Malawi First Lady Madame Dr. Gertrude Mutharika, says the establishment of facilities like the National Cervical Cancer Control Programme, has helped in scaling up screening and treatment of pre-cancerous lesions in the country.

Madame Dr. Mutharika made the remarks Monday, at the Westin Grand Central Hotel in New York during the 6th United Nations General Assembly (UNGA) Forum of African First Ladies and Spouses on the fight against cancers.

“The establishment of the programme has ensured the implementation of access to medicines, diagnostics, and treatment.

“Currently, there are over 150 sites for screening and 60 health facilities that are providing treatment services for cervical cancer across the country,” Dr. Mutharika said.

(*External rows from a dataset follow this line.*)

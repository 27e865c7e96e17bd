-- ===== src/Identify/Invariant.antt =====
-- What every reachable state of the identify protocol keeps: no receive buffer is over the limit.
use minip2p.Prelude.{
  ◌≤◌, ◌≡◌, refl, arith, List, [], ◌++◌, Option, none, some, length, ltb, not, ◌&&◌, All, inl, inr,
  Option-cases, Bool-cases,
}
use minip2p.Prelude.Maps.{
  Order, nat_order, Map, get, insert, remove, All-insert, All-remove, All-get,
}
use minip2p.Prelude.Result.{Result, ok, err}
use minip2p.Varint.{Bytes}
use minip2p.Identity.PeerId.{Multihash, PeerId}
use minip2p.Core.Multiaddr.{Multiaddr}
use minip2p.Ping.{is_some, or_else}
use minip2p.Identify.Types.{
  max_message_size, StreamId, IdentifyProtocol, IdentifyInput, IdentifyAction, IdentifyError,
  register_outbound, register_inbound, stream_data, stream_remote_write_closed, stream_closed,
  forget_peer, move_peer, PeerIdentifyState, default,
}
use minip2p.Identify.{
  is_empty, store, queue_ok, register_outbound_stream, register_inbound_stream, on_inbound,
  on_peer_data, on_stream_data, close_inbound, close_peer_stream, kept,
  on_stream_remote_write_closed, without_stream, close_stream, on_stream_closed, remove_peer, moved,
  migrate_peer, handle_input,
}

abbrev pub IsShort : StreamId × Bytes → Type 0
IsShort e = length (e.1) ≤ max_message_size

abbrev pub PeerIsBounded : PeerIdentifyState → Type 0
PeerIsBounded state = All IsShort state.inbound_streams

or_default-IsBounded :
    (s : Option PeerIdentifyState)
    → ((state : PeerIdentifyState) → s ≡ some state → PeerIsBounded state)
    → PeerIsBounded (or_else s default)
or_default-IsBounded none h = tt
or_default-IsBounded (some state) h = h state refl

buffer_known :
    (streams : Map StreamId Bytes) (s : StreamId)
    → All IsShort streams
    → IsShort (s, or_else (get streams s) [])
buffer_known streams s h = elim (Option-cases (get streams s)) [
  | inl e ↦ rw e (omega arith)
  | inr (buf, e) ↦ rw e (All-get (λ (b : Bytes). length b ≤ max_message_size) streams s buf h e)
]

module _ {H : Type 0} ⦃m : Multihash H⦄ ⦃o : Order (PeerId H)⦄ where
  abbrev Entry : PeerId H × PeerIdentifyState → Type 0
  Entry e = PeerIsBounded (e.1)

  abbrev pub IsBounded : IdentifyProtocol H → Type 0
  IsBounded p = All Entry p.peers

  store-IsBounded :
      (p : IdentifyProtocol H) (peer_id : PeerId H) (state : PeerIdentifyState)
      → IsBounded p
      → PeerIsBounded state
      → IsBounded (store p peer_id state)
  store-IsBounded p peer_id state h b = All-insert Entry p.peers peer_id state h b

  known-IsBounded :
      (p : IdentifyProtocol H) (peer_id : PeerId H)
      → IsBounded p
      → PeerIsBounded (or_else (get p.peers peer_id) default)
  known-IsBounded p peer_id h =
      or_default-IsBounded (get p.peers peer_id)
        (λ state e. All-get PeerIsBounded p.peers peer_id state h e)

  register_outbound-IsBounded :
      (p : IdentifyProtocol H) (peer_id : PeerId H) (s : StreamId) (seen : Option (Multiaddr H))
      (addrs : List (Multiaddr H))
      → IsBounded p
      → IsBounded (register_outbound_stream p peer_id s seen addrs).0
  unfolding register_outbound_stream
  register_outbound-IsBounded p peer_id s seen addrs h =
      let state = or_else (get p.peers peer_id) default in
      let b = known-IsBounded p peer_id h in
      elim (Bool-cases (is_some state.outbound_stream)) [
        | inl e ↦ rw e (store-IsBounded p peer_id state h b)
        | inr e ↦ rw e (store-IsBounded p peer_id (record state { outbound_stream = some s }) h b)
      ]

  register_inbound-IsBounded :
      (p : IdentifyProtocol H) (peer_id : PeerId H) (s : StreamId)
      → IsBounded p
      → IsBounded (register_inbound_stream p peer_id s)
  unfolding register_inbound_stream
  register_inbound-IsBounded p peer_id s h =
      let state = or_else (get p.peers peer_id) default in
      let b = known-IsBounded p peer_id h in
      let buf = or_else (get state.inbound_streams s) [] in
      store-IsBounded p peer_id
        (record state { inbound_streams = insert state.inbound_streams s buf }) h
        (All-insert IsShort state.inbound_streams s buf b (buffer_known state.inbound_streams s b))

  on_inbound-IsBounded :
      (p : IdentifyProtocol H) (peer_id : PeerId H) (s : StreamId) (state : PeerIdentifyState)
      (buf : Option Bytes) (c : Bytes)
      → IsBounded p
      → PeerIsBounded state
      → IsBounded (on_inbound p peer_id s state buf c)
  unfolding on_inbound
  on_inbound-IsBounded p peer_id s state none c h b = h
  on_inbound-IsBounded p peer_id s state (some buf) c h b =
      elim (Bool-cases (ltb max_message_size (length (buf ++ c)))) [
        | inl e ↦ rw e (
            store-IsBounded p peer_id
              (record state { inbound_streams = remove state.inbound_streams s }) h
              (All-remove IsShort state.inbound_streams s b))
        | inr e ↦ rw e (
            store-IsBounded p peer_id
              (record state { inbound_streams = insert state.inbound_streams s (buf ++ c) }) h
              (All-insert IsShort state.inbound_streams s (buf ++ c) b (ground (arith, e))))
      ]

  on_stream_data-IsBounded :
      (p : IdentifyProtocol H) (peer_id : PeerId H) (s : StreamId) (c : Bytes)
      → IsBounded p
      → IsBounded (on_stream_data p peer_id s c).0
  unfolding on_stream_data on_peer_data
  on_stream_data-IsBounded p peer_id s c h = elim (Option-cases (get p.peers peer_id)) [
    | inl e ↦ rw e h
    | inr (state, e) ↦ rw e (
        on_inbound-IsBounded p peer_id s state (get state.inbound_streams s) c h
          (All-get PeerIsBounded p.peers peer_id state h e))
  ]

  close_inbound-IsBounded :
      (p : IdentifyProtocol H) (peer_id : PeerId H) (s : StreamId) (state : PeerIdentifyState)
      (buf : Option Bytes)
      → IsBounded p
      → PeerIsBounded state
      → IsBounded (close_inbound p peer_id s state buf).0
  unfolding close_inbound
  close_inbound-IsBounded p peer_id s state none h b = h
  close_inbound-IsBounded p peer_id s state (some buf) h b =
      store-IsBounded p peer_id (record state { inbound_streams = remove state.inbound_streams s })
        h (All-remove IsShort state.inbound_streams s b)

  write_closed-IsBounded :
      (p : IdentifyProtocol H) (peer_id : PeerId H) (s : StreamId)
      → IsBounded p
      → IsBounded (on_stream_remote_write_closed p peer_id s).0
  unfolding on_stream_remote_write_closed close_peer_stream
  write_closed-IsBounded p peer_id s h = elim (Option-cases (get p.peers peer_id)) [
    | inl e ↦ rw e h
    | inr (state, e) ↦ rw e (
        close_inbound-IsBounded p peer_id s state (get state.inbound_streams s) h
          (All-get PeerIsBounded p.peers peer_id state h e))
  ]

  kept-IsBounded :
      (p : IdentifyProtocol H) (peer_id : PeerId H) (state : PeerIdentifyState)
      → IsBounded p
      → PeerIsBounded state
      → IsBounded (kept p peer_id state)
  unfolding kept
  kept-IsBounded p peer_id state h b =
      elim (Bool-cases (not (is_some state.outbound_stream) && is_empty state.inbound_streams)) [
        | inl e ↦ rw e (All-remove Entry p.peers peer_id h)
        | inr e ↦ rw e (store-IsBounded p peer_id state h b)
      ]

  stream_closed-IsBounded :
      (p : IdentifyProtocol H) (peer_id : PeerId H) (s : StreamId)
      → IsBounded p
      → IsBounded (on_stream_closed p peer_id s)
  unfolding on_stream_closed close_stream without_stream
  stream_closed-IsBounded p peer_id s h = elim (Option-cases (get p.peers peer_id)) [
    | inl e ↦ rw e h
    | inr (state, e) ↦ rw e (
        kept-IsBounded p peer_id (without_stream state s) h (
          All-remove IsShort state.inbound_streams s
            (All-get PeerIsBounded p.peers peer_id state h e)))
  ]

  moved-IsBounded :
      (peers : Map (PeerId H) PeerIdentifyState) (old new_id : PeerId H)
      → All Entry peers
      → All Entry (moved peers old new_id)
  moved-IsBounded peers old new_id h = elim (Option-cases (get peers old)) [
    | inl g ↦ rw (g, moved) h
    | inr (state, g) ↦
        rw (g, moved)
          (All-insert Entry (remove peers old) new_id state (All-remove Entry peers old h)
            (All-get PeerIsBounded peers old state h g))
  ]

  migrate-IsBounded :
      (p : IdentifyProtocol H) (old new_id : PeerId H)
      → IsBounded p
      → IsBounded (migrate_peer p old new_id)
  unfolding migrate_peer
  migrate-IsBounded p old new_id h = elim (Bool-cases (o.same old new_id)) [
    | inl e ↦ rw e h
    | inr e ↦ rw e (moved-IsBounded p.peers old new_id h)
  ]

  queued-IsBounded :
      (r : IdentifyProtocol H × Result (IdentifyError H) (List (IdentifyAction H)))
      → IsBounded r.0
      → IsBounded (queue_ok r).0
  queued-IsBounded (p, ok added) h = h
  queued-IsBounded (p, err e) h = h

  -- No receive buffer of any peer ever exceeds the size limit: every input keeps that.
  pub handle_input-IsBounded :
      (p : IdentifyProtocol H) (i : IdentifyInput H) → IsBounded p → IsBounded (handle_input p i).0
  unfolding handle_input remove_peer
  handle_input-IsBounded p (register_outbound peer_id s seen addrs) h =
      queued-IsBounded (register_outbound_stream p peer_id s seen addrs)
        (register_outbound-IsBounded p peer_id s seen addrs h)
  handle_input-IsBounded p (register_inbound peer_id s) h = register_inbound-IsBounded p peer_id s h
  handle_input-IsBounded p (stream_data peer_id s c) h = on_stream_data-IsBounded p peer_id s c h
  handle_input-IsBounded p (stream_remote_write_closed peer_id s) h =
      write_closed-IsBounded p peer_id s h
  handle_input-IsBounded p (stream_closed peer_id s) h = stream_closed-IsBounded p peer_id s h
  handle_input-IsBounded p (forget_peer peer_id) h = All-remove Entry p.peers peer_id h
  handle_input-IsBounded p (move_peer old new_id) h = migrate-IsBounded p old new_id h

On personal initiatives as Ambassador of Safe Motherhood, the First Lady told the meeting that she has been championing mobilization of all women of reproductive age to undergo cervical and breast cancer screenings at nearest health facilities in their respective communities.

Some of the mobilization approaches include public awareness drives through partnership with the media, UN agencies, and local leaders.

“In August 2015, I launched a Stop Cervical Cancer campaign, which resulted in more women seeking cervical cancer screenings,” she said, adding that Malawi is in the process of constructing a national cancer centre in the nation’s capital city, Lilongwe.

During the meeting, the First Ladies called for specific global commitments in improving the delivery of quality health care and treatment to all forms of cancer affecting women and the rest of the population in Africa.

Increasing health financing for universal treatment and cancer care, establishment of special departments and sections under the Ministry of Health, to deal with cancer-related issues, and rolling out vaccines for cancer, emerged as key and immediate commitments for implementation.

“Bold leadership is needed for African presidents in financing health care by increasing budgetary allocation to the health sector,” said Princess Nikky Onyeri of the Breast Cancer Foundation, and Director General of the African First Ladies against Cancer initiative.

“There is also a need of making health insurance mandatory. Why should people be obsessed insuring things like cars but not their health?” Onyeri wondered.

The meeting in New York attracted participation of four First Ladies from Malawi, Lesotho, Gambia, and Ghana with South African and Nigerian First Ladies represented by senior government officials.

The meeting was held under the theme “Looking forward to a future without cancers: Implementation of access to medicines, diagnostics and treatment.”